Брыся стояла возле какого-то мужчины, вероятно, врача, она только кивнула и продолжала его внимательно слушать. Лариска и Вика остались ждать её в коридоре. Они пришли утром, хоть и знали, что Брыся работает утром более активно. Просто у Вики сегодня был выходной, а Лариска, как студентка, вообще была свободна целое лето. Вика не хотела терять день.
– Ну что там Брыся, я прямо не знаю, не может выйти?

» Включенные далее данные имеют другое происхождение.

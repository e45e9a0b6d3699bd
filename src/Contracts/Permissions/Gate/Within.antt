-- ===== src/Contracts/Permissions/Gate/Within.antt =====
-- A valid grant gives no call that the request does not give.
use tego_next.Base.{
  Text, text_eq, text_beq, text_beq_iff, Bool, true, ◌≡◌, refl, List, [], ◌∷◌, arith, all, any,
  ◌&&◌, subst, sym, and_split, some, Option-cases, inl, inr, Bool-cases, Map, get, nat_beq,
  nat_beq_iff, ◌∙◌,
}
use tego_next.Selection.{ExecutorKind, kind_beq, process, remote, thread}
use tego_next.Contracts.Permissions.{
  FilesystemAccess, read, write, same_access, CapabilityPermissionEntry, FilesystemRootPermission,
  Permission, capabilities, environments, executors, roots, networks, secrets, workers, kind_of,
  same_kind, PermissionKind, find_permission, PermissionCallAttempt, call_capability,
  call_environment, call_executor, call_filesystem, call_network, call_secret, call_worker,
  attempt_kind,
}
use tego_next.Contracts.Permissions.Names.{includes, starts_with_slash}
use tego_next.Contracts.Permissions.Grant.{
  contains_all, includes_port, includes_access, contains_logical_path, find_entry, entry_within,
  root_within, has_label, category_subset, is_within,
}
use tego_next.Contracts.Permissions.Grant.Paths.{contains_logical_path_trans}
use tego_next.Contracts.Permissions.Gate.{allows, gate_attempt}

module _ {A : Type 0} where
  -- An element that passes a test passes what all elements pass.
  any-all :
      (p q : A → Bool) (xs : List A)
      → all p xs ≡ true
      → any q xs ≡ true
      → (a : A) × (p a ≡ true) × (q a ≡ true)
  any-all p q [] h k = cc
  any-all p q (x ∷ xs) h k = elim (Bool-cases (q x)) [
    | inl e ↦ (x, (and_split _ _ h).0, e)
    | inr e ↦ any-all p q xs (and_split _ _ h).1 (ground arith)
  ]

  all_map :
      (p q : A → Bool) (xs : List A)
      → ((a : A) → p a ≡ true → q a ≡ true)
      → all p xs ≡ true
      → all q xs ≡ true
  all_map p q [] f h = refl
  all_map p q (x ∷ xs) f h = rw (f x (and_split _ _ h).0) (all_map p q xs f (and_split _ _ h).1)

  any_map :
      (p q : A → Bool) (xs : List A)
      → ((a : A) → p a ≡ true → q a ≡ true)
      → any p xs ≡ true
      → any q xs ≡ true
  any_map p q [] f h = cc
  any_map p q (x ∷ xs) f h = elim (Bool-cases (p x)) [
    | inl e ↦ rw (f x e) refl
    | inr e ↦ let rest = any_map p q xs f (ground arith) in ground arith
  ]

  -- Lists compared element by element, with an equality that is sound.
  module _ (same : A → A → Bool) (sound : (a b : A) → same a b ≡ true → a ≡ b) where
    includes-within :
        (maximum given : List A) (a : A)
        → all (λ b. any (same b) maximum) given ≡ true
        → any (same a) given ≡ true
        → any (same a) maximum ≡ true
    includes-within maximum given a h k =
        let (b, inside, s) = any-all (λ c. any (same c) maximum) (same a) given h k in
        subst (λ c. any (same c) maximum ≡ true) (sym (sound a b s)) inside

kind_beq_sound : (a b : ExecutorKind) → kind_beq a b ≡ true → a ≡ b
kind_beq_sound process process h = refl
kind_beq_sound remote remote h = refl
kind_beq_sound thread thread h = refl
kind_beq_sound _ _ h = cc

same_access_sound : (a b : FilesystemAccess) → same_access a b ≡ true → a ≡ b
same_access_sound read read h = refl
same_access_sound write write h = refl
same_access_sound _ _ h = cc

texts-within :
    (maximum names : List Text) (name : Text)
    → contains_all maximum names ≡ true
    → includes names name ≡ true
    → includes maximum name ≡ true
texts-within = includes-within text_beq (λ a b. (text_beq_iff a b).0)

-- One entry that allows a call lies within an entry of the request, which allows it too.
entry-within :
    (maximum : List CapabilityPermissionEntry) (name method : Text) (e : CapabilityPermissionEntry)
    → entry_within maximum e ≡ true
    → text_beq e.name name && includes e.methods method ≡ true
    → any (λ m. text_beq m.name name && includes m.methods method) maximum ≡ true
unfolding find_entry
entry-within [] name method e h k = cc
entry-within (m ∷ maximum) name method e h k = elim (Bool-cases (text_beq m.name e.name)) [
  | inl s ↦
      let within : contains_all m.methods e.methods ≡ true = ground arith in
      let (n, i) = and_split (text_beq e.name name) _ k in
      let inside = texts-within m.methods e.methods method within i in
      let named : text_beq m.name name ≡ true =
        (text_beq_iff m.name name).1
          ((text_beq_iff m.name e.name).0 s ∙ (text_beq_iff e.name name).0 n) in
      rw (named, inside) refl
  | inr s ↦ let rest = entry-within maximum name method e (ground arith) k in ground arith
]

root-within :
    (maximum : List FilesystemRootPermission) (path : Text) (mode : FilesystemAccess)
    (r : FilesystemRootPermission)
    → starts_with_slash path ≡ true
    → root_within maximum r ≡ true
    → contains_logical_path r.path path && includes_access r.access mode ≡ true
    → any (λ m. contains_logical_path m.path path && includes_access m.access mode) maximum ≡ true
root-within maximum path mode r s h k =
    let (c, i) = and_split (contains_logical_path r.path path) _ k in
    any_map _ _ maximum
      (λ m w.
        let (d, j) = and_split (contains_logical_path m.path r.path) _ w in
        rw
          (
            contains_logical_path_trans m.path r.path path s d c,
            includes-within same_access same_access_sound m.access r.access mode j i,
          )
          refl)
      h

-- A label found is among the labels.
all-get :
    (p : Text × Text → Bool) (name value : Text) (m : Map Text Text)
    → all p m ≡ true
    → get name m ≡ some value
    → p (name, value) ≡ true
unfolding get
all-get p name value [] h g = cc
all-get p name value ((j, v) ∷ m) h g = ground (arith, text_beq_iff j name, all-get p name value m)

has_label-get :
    (labels : Map Text Text) (name value : Text)
    → has_label labels (name, value) ≡ true
    → get name labels ≡ some value
has_label-get labels name value h = elim (Option-cases (get name labels)) [
  | inl e ↦ cc
  | inr (found, e) ↦ ground (arith, text_beq_iff found value)
]

label-within :
    (given attempt : Map Text Text) (l : Text × Text)
    → all (has_label attempt) given ≡ true
    → has_label given l ≡ true
    → has_label attempt l ≡ true
label-within given attempt (name, value) h k =
    all-get (has_label attempt) name value given h (has_label-get given name value k)

abbrev pub IsAbsolute : PermissionCallAttempt → Type 0
IsAbsolute (call_filesystem path access) = starts_with_slash path ≡ true
IsAbsolute _ = Unit

category-within :
    (maximum p : Permission) (attempt : PermissionCallAttempt)
    → IsAbsolute attempt
    → category_subset maximum p ≡ true
    → allows p attempt ≡ true
    → allows maximum attempt ≡ true
unfolding category_subset allows
category-within (capabilities m) (capabilities es) (call_capability name method) s h k =
    let (e, w, a) = any-all (entry_within m) _ es h k in entry-within m name method e w a
category-within (environments m) (environments ns) (call_environment n) s h k =
    texts-within m ns n h k
category-within (secrets m) (secrets ns) (call_secret n) s h k = texts-within m ns n h k
category-within (executors m) (executors ks) (call_executor kind) s h k =
    includes-within kind_beq kind_beq_sound m ks kind h k
category-within (roots m) (roots rs) (call_filesystem path mode) s h k =
    let (r, w, a) = any-all (root_within m) _ rs h k in root-within m path mode r s w a
category-within (networks a b c) (networks d e f) (call_network host port method) s h k =
    let (h₁, h₂) = and_split (contains_all a d) _ h in
    let (h₃, h₄) = and_split (all (includes_port b) e) _ h₂ in
    let (k₁, k₂) = and_split (includes d host) _ k in
    let (k₃, k₄) = and_split (includes_port e port) _ k₂ in
    rw
      (
        texts-within a d host h₁ k₁,
        includes-within nat_beq (λ x y. (nat_beq_iff x y).0) b e port h₃ k₃,
        texts-within c f method h₄ k₄,
      )
      refl
category-within (workers m c) (workers g d) (call_worker labels resources) s h k =
    let (h₁, h₂) = and_split (all (has_label g) m) _ h in
    let (k₁, k₂) = and_split (all (has_label labels) g) _ k in
    rw (all_map (has_label g) (has_label labels) m (λ l. label-within g labels l k₁) h₁)
      (ground arith)
category-within _ _ _ s h k = cc

allows_kind :
    (p : Permission) (attempt : PermissionCallAttempt)
    → allows p attempt ≡ true
    → kind_of p ≡ attempt_kind attempt
unfolding allows
allows_kind (capabilities es) (call_capability name method) h = refl
allows_kind (environments ns) (call_environment n) h = refl
allows_kind (secrets ns) (call_secret n) h = refl
allows_kind (executors ks) (call_executor kind) h = refl
allows_kind (roots rs) (call_filesystem path mode) h = refl
allows_kind (networks d e f) (call_network host port method) h = refl
allows_kind (workers g d) (call_worker labels resources) h = refl
allows_kind _ _ h = cc

find_permission-all :
    (q : Permission → Bool) (kind : PermissionKind) (ps : List Permission) (p : Permission)
    → all q ps ≡ true
    → find_permission kind ps ≡ some p
    → q p ≡ true
unfolding find_permission
find_permission-all q kind [] p h k = cc
find_permission-all q kind (r ∷ ps) p h k = elim (Bool-cases (same_kind (kind_of r) kind)) [
  | inl e ↦ ground arith
  | inr e ↦ find_permission-all q kind ps p (and_split _ _ h).1 (ground arith)
]

-- Some permission of the call's kind allows it, in the place where the gate looks.
abbrev AllowsIn : List Permission → PermissionCallAttempt → Type 0
AllowsIn ps attempt =
    (p : Permission) × (find_permission (attempt_kind attempt) ps ≡ some p)
    × (allows p attempt ≡ true)

gate_attempt-AllowsIn :
    (ps : List Permission) (attempt : PermissionCallAttempt)
    → (gate_attempt ps attempt).allowed ≡ true
    → AllowsIn ps attempt
unfolding gate_attempt
gate_attempt-AllowsIn ps attempt h =
    elim (Option-cases (find_permission (attempt_kind attempt) ps)) [
      | inl e ↦ cc
      | inr (p, e) ↦ (p, e, elim (Bool-cases (allows p attempt)) [ inl a ↦ a | inr a ↦ cc ])
    ]

AllowsIn-gate_attempt :
    (ps : List Permission) (attempt : PermissionCallAttempt)
    → AllowsIn ps attempt
    → (gate_attempt ps attempt).allowed ≡ true
unfolding gate_attempt
AllowsIn-gate_attempt ps attempt (p, e, a) = ground arith

pub within-gate_attempt :
    (requested granted : List Permission) (attempt : PermissionCallAttempt)
    → IsAbsolute attempt
    → all (is_within requested) granted ≡ true
    → (gate_attempt granted attempt).allowed ≡ true
    → (gate_attempt requested attempt).allowed ≡ true
unfolding is_within
within-gate_attempt requested granted attempt s h k =
    let (p, e, a) = gate_attempt-AllowsIn granted attempt k in
    let inside = find_permission-all (is_within requested) (attempt_kind attempt) granted p h e in
    AllowsIn-gate_attempt requested attempt
      (elim (Option-cases (find_permission (kind_of p) requested)) [
        | inl n ↦ cc
        | inr (m, f) ↦ (
          m,
          subst (λ kind. find_permission kind requested ≡ some m) (allows_kind p attempt a) f,
          category-within m p attempt s (ground arith) a,
        )
      ])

– Лариска была недовольна. Ей вообще не нравилось посещение больниц, просто ей больше нечем было заняться, поэтому она снова сопровождала Вику.
– Ну погоди. Брыся же работает...
– сказала Вика.
– Тоже мне, работает. А мы тут стоим, заразу ловим. Ишь, надо же, доктор Брыся.
Сама Брыся никогда не называла себя Брысей. Но так звали её другие, уже много-много лет, класса так с третьего. Белобрысая она была, эдакий белобрысик - белый брысик. Сейчас волосы Брыси были баклажанового цвета, но менять имя из-за этого было всё равно поздно.
Она выскочила в коридор, вся бодрая, спешащая.
– Привет, девчонки!
– А нельзя там у вас ещё вошками разжиться?
– попросила Вика.
– А то мы тех уморили...
– Да, где там ваш Рафик Гусейнов, может, на нём ещё поискать можно? добавила Лариска, видя, что Вика начинает стесняться.
Из двери "второй соматики" вышел врач, посмотрел на Брысю и её одноклассниц, и пошёл по коридору.
– Вот, пока врач вышел, идите на него гляньте!
– Брыся мигом распахнула дверь.
Рафик Гусейнов ползал по полу. Он пытался заворачиваться в палас, но рядом всё время кто-то пробегал, Рафик гневно рычал и вылуплял глаза. Голова его продолжала представлять из себя квадрат, только уже тёмно-ворсиситый.